**EXERCISE DIRECTIONS**
Repeat the entries exactly. Leave nothing out.

[Stored data entries]
-- ===== src/Relayers/Counted.antt =====
-- What a stored withdrawal does to the numbers of the relayers.
use bagsvault.Base.{
  ℕ, suc, ◌+◌, ◌-◌, ◌≡◌, ◌⊎◌, true, false, List, ◌∷◌, some, Str, Bool-cases, inl, inr,
}
use bagsvault.Withdraw.Relay.{Withdrawal}
use bagsvault.Relayers.{Relayer, Registry, counts_for, matched, volume_of, stats_of, stats, day}

matched-counts :
    (relayer_id : Str) (since : ℕ) (w : Withdrawal) (ws : List Withdrawal)
    → counts_for relayer_id since w ≡ true
    → matched relayer_id since (w ∷ ws) ≡ w ∷ matched relayer_id since ws
unfolding matched
matched-counts relayer_id since w ws h = rw h

matched-other :
    (relayer_id : Str) (since : ℕ) (w : Withdrawal) (ws : List Withdrawal)
    → counts_for relayer_id since w ≡ false
    → matched relayer_id since (w ∷ ws) ≡ matched relayer_id since ws
unfolding matched
matched-other relayer_id since w ws h = rw h

module _ {R : Type 0} (registry : Registry R) where
  -- For a registered relayer, a new withdrawal of its own in the last 24 hours adds one job and its
  -- amount; a withdrawal of another relayer, or an older one, changes no number of the relayer.
  stats-withdrawal :
      (s : R) (now : ℕ) (w : Withdrawal) (ws : List Withdrawal) (relayer_id : Str) (r : Relayer)
      → registry.find_one s relayer_id ≡ some r
      → let before = stats registry s now ws relayer_id in
        let after = stats registry s now (w ∷ ws) relayer_id in
        ((counts_for relayer_id (now - day) w ≡ true)
          × (after.jobs_24h ≡ suc before.jobs_24h)
          × (after.volume_24h_lamports ≡ w.amount + before.volume_24h_lamports))
        ⊎ ((counts_for relayer_id (now - day) w ≡ false) × (after ≡ before))
  unfolding stats stats_of volume_of
  stats-withdrawal s now w ws relayer_id r found =
      elim (Bool-cases (counts_for relayer_id (now - day) w)) [
        | inl e ↦ inl (
          e,
          rw (found, matched-counts relayer_id (now - day) w ws e),
          rw (found, matched-counts relayer_id (now - day) w ws e),
        )
        | inr e ↦ inr (e, rw (found, matched-other relayer_id (now - day) w ws e))
      ]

**SOLUTION TO THE PROBLEM**
-- ===== src/Relayers/Counted.antt =====
-- What a stored withdrawal does to the numbers of the relayers.
use bagsvault.Base.{
  ℕ, suc, ◌+◌, ◌-◌, ◌≡◌, ◌⊎◌, true, false, List, ◌∷◌, some, Str, Bool-cases, inl, inr,
}
use bagsvault.Withdraw.Relay.{Withdrawal}
use bagsvault.Relayers.{Relayer, Registry, counts_for, matched, volume_of, stats_of, stats, day}

matched-counts :
    (relayer_id : Str) (since : ℕ) (w : Withdrawal) (ws : List Withdrawal)
    → counts_for relayer_id since w ≡ true
    → matched relayer_id since (w ∷ ws) ≡ w ∷ matched relayer_id since ws
unfolding matched
matched-counts relayer_id since w ws h = rw h

matched-other :
    (relayer_id : Str) (since : ℕ) (w : Withdrawal) (ws : List Withdrawal)
    → counts_for relayer_id since w ≡ false
    → matched relayer_id since (w ∷ ws) ≡ matched relayer_id since ws
unfolding matched
matched-other relayer_id since w ws h = rw h

module _ {R : Type 0} (registry : Registry R) where
  -- For a registered relayer, a new withdrawal of its own in the last 24 hours adds one job and its
  -- amount; a withdrawal of another relayer, or an older one, changes no number of the relayer.
  stats-withdrawal :
      (s : R) (now : ℕ) (w : Withdrawal) (ws : List Withdrawal) (relayer_id : Str) (r : Relayer)
      → registry.find_one s relayer_id ≡ some r
      → let before = stats registry s now ws relayer_id in
        let after = stats registry s now (w ∷ ws) relayer_id in
        ((counts_for relayer_id (now - day) w ≡ true)
          × (after.jobs_24h ≡ suc before.jobs_24h)
          × (after.volume_24h_lamports ≡ w.amount + before.volume_24h_lamports))
        ⊎ ((counts_for relayer_id (now - day) w ≡ false) × (after ≡ before))
  unfolding stats stats_of volume_of
  stats-withdrawal s now w ws relayer_id r found =
      elim (Bool-cases (counts_for relayer_id (now - day) w)) [
        | inl e ↦ inl (
          e,
          rw (found, matched-counts relayer_id (now - day) w ws e),
          rw (found, matched-counts relayer_id (now - day) w ws e),
        )
        | inr e ↦ inr (e, rw (found, matched-other relayer_id (now - day) w ws e))
      ]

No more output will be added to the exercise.